Problem statement.
Output the full listing that appears below, exactly as it is presented.
Extracted material section start
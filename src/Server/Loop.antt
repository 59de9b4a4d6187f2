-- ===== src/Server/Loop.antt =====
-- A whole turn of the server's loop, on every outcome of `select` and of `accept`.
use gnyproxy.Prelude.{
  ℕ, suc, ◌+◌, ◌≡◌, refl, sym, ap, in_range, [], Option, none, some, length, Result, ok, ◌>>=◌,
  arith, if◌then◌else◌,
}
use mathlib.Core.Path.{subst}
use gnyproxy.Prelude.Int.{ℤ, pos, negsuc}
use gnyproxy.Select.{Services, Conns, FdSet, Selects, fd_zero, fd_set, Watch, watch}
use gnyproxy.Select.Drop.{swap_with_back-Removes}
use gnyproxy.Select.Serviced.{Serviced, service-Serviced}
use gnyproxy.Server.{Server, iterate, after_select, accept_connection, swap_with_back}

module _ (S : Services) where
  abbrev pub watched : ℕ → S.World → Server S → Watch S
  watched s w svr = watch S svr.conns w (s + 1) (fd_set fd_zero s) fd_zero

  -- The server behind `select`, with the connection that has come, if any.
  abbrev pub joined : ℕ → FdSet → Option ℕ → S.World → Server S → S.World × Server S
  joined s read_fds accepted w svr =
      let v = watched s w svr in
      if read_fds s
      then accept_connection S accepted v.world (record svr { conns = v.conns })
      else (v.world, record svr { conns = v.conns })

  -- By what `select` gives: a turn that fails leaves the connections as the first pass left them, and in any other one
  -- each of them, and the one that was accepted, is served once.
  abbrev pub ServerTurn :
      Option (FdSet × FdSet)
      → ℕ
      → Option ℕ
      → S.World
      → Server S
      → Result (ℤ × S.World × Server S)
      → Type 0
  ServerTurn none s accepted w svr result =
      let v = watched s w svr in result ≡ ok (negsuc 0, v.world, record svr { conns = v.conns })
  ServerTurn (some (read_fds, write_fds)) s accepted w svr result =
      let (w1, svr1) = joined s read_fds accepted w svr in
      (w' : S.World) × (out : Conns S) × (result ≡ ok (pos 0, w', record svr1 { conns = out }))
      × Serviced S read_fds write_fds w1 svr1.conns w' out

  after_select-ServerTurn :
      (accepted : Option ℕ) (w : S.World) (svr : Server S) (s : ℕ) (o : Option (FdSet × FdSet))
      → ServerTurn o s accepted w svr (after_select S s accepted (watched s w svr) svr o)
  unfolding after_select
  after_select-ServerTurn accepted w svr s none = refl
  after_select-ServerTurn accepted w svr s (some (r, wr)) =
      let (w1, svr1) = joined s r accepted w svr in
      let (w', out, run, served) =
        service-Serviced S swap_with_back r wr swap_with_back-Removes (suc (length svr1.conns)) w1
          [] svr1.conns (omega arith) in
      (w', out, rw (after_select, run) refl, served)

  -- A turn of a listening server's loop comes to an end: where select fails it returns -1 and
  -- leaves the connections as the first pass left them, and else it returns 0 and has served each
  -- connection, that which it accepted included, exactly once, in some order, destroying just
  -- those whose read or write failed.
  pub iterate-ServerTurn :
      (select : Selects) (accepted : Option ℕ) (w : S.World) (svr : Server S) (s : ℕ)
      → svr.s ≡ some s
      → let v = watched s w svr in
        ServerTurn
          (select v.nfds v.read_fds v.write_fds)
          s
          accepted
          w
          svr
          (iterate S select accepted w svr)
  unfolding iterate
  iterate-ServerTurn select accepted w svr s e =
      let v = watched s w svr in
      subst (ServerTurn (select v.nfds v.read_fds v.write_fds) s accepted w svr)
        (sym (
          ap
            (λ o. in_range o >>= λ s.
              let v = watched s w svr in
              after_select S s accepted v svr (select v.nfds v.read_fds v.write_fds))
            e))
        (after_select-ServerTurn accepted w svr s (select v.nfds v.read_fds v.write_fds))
Extracted material section end
Solution for this problem.
filename src/Server/Loop.antt
repository 59de9b4a4d6187f2
-- ===== src/Server/Loop.antt =====
-- A whole turn of the server's loop, on every outcome of `select` and of `accept`.
use gnyproxy.Prelude.{
  ℕ, suc, ◌+◌, ◌≡◌, refl, sym, ap, in_range, [], Option, none, some, length, Result, ok, ◌>>=◌,
  arith, if◌then◌else◌,
}
use mathlib.Core.Path.{subst}
use gnyproxy.Prelude.Int.{ℤ, pos, negsuc}
use gnyproxy.Select.{Services, Conns, FdSet, Selects, fd_zero, fd_set, Watch, watch}
use gnyproxy.Select.Drop.{swap_with_back-Removes}
use gnyproxy.Select.Serviced.{Serviced, service-Serviced}
use gnyproxy.Server.{Server, iterate, after_select, accept_connection, swap_with_back}

module _ (S : Services) where
  abbrev pub watched : ℕ → S.World → Server S → Watch S
  watched s w svr = watch S svr.conns w (s + 1) (fd_set fd_zero s) fd_zero

  -- The server behind `select`, with the connection that has come, if any.
  abbrev pub joined : ℕ → FdSet → Option ℕ → S.World → Server S → S.World × Server S
  joined s read_fds accepted w svr =
      let v = watched s w svr in
      if read_fds s
      then accept_connection S accepted v.world (record svr { conns = v.conns })
      else (v.world, record svr { conns = v.conns })

  -- By what `select` gives: a turn that fails leaves the connections as the first pass left them, and in any other one
  -- each of them, and the one that was accepted, is served once.
  abbrev pub ServerTurn :
      Option (FdSet × FdSet)
      → ℕ
      → Option ℕ
      → S.World
      → Server S
      → Result (ℤ × S.World × Server S)
      → Type 0
  ServerTurn none s accepted w svr result =
      let v = watched s w svr in result ≡ ok (negsuc 0, v.world, record svr { conns = v.conns })
  ServerTurn (some (read_fds, write_fds)) s accepted w svr result =
      let (w1, svr1) = joined s read_fds accepted w svr in
      (w' : S.World) × (out : Conns S) × (result ≡ ok (pos 0, w', record svr1 { conns = out }))
      × Serviced S read_fds write_fds w1 svr1.conns w' out

  after_select-ServerTurn :
      (accepted : Option ℕ) (w : S.World) (svr : Server S) (s : ℕ) (o : Option (FdSet × FdSet))
      → ServerTurn o s accepted w svr (after_select S s accepted (watched s w svr) svr o)
  unfolding after_select
  after_select-ServerTurn accepted w svr s none = refl
  after_select-ServerTurn accepted w svr s (some (r, wr)) =
      let (w1, svr1) = joined s r accepted w svr in
      let (w', out, run, served) =
        service-Serviced S swap_with_back r wr swap_with_back-Removes (suc (length svr1.conns)) w1
          [] svr1.conns (omega arith) in
      (w', out, rw (after_select, run) refl, served)

  -- A turn of a listening server's loop comes to an end: where select fails it returns -1 and
  -- leaves the connections as the first pass left them, and else it returns 0 and has served each
  -- connection, that which it accepted included, exactly once, in some order, destroying just
  -- those whose read or write failed.
  pub iterate-ServerTurn :
      (select : Selects) (accepted : Option ℕ) (w : S.World) (svr : Server S) (s : ℕ)
      → svr.s ≡ some s
      → let v = watched s w svr in
        ServerTurn
          (select v.nfds v.read_fds v.write_fds)
          s
          accepted
          w
          svr
          (iterate S select accepted w svr)
  unfolding iterate
  iterate-ServerTurn select accepted w svr s e =
      let v = watched s w svr in
      subst (ServerTurn (select v.nfds v.read_fds v.write_fds) s accepted w svr)
        (sym (
          ap
            (λ o. in_range o >>= λ s.
              let v = watched s w svr in
              after_select S s accepted v svr (select v.nfds v.read_fds v.write_fds))
            e))
        (after_select-ServerTurn accepted w svr s (select v.nfds v.read_fds v.write_fds))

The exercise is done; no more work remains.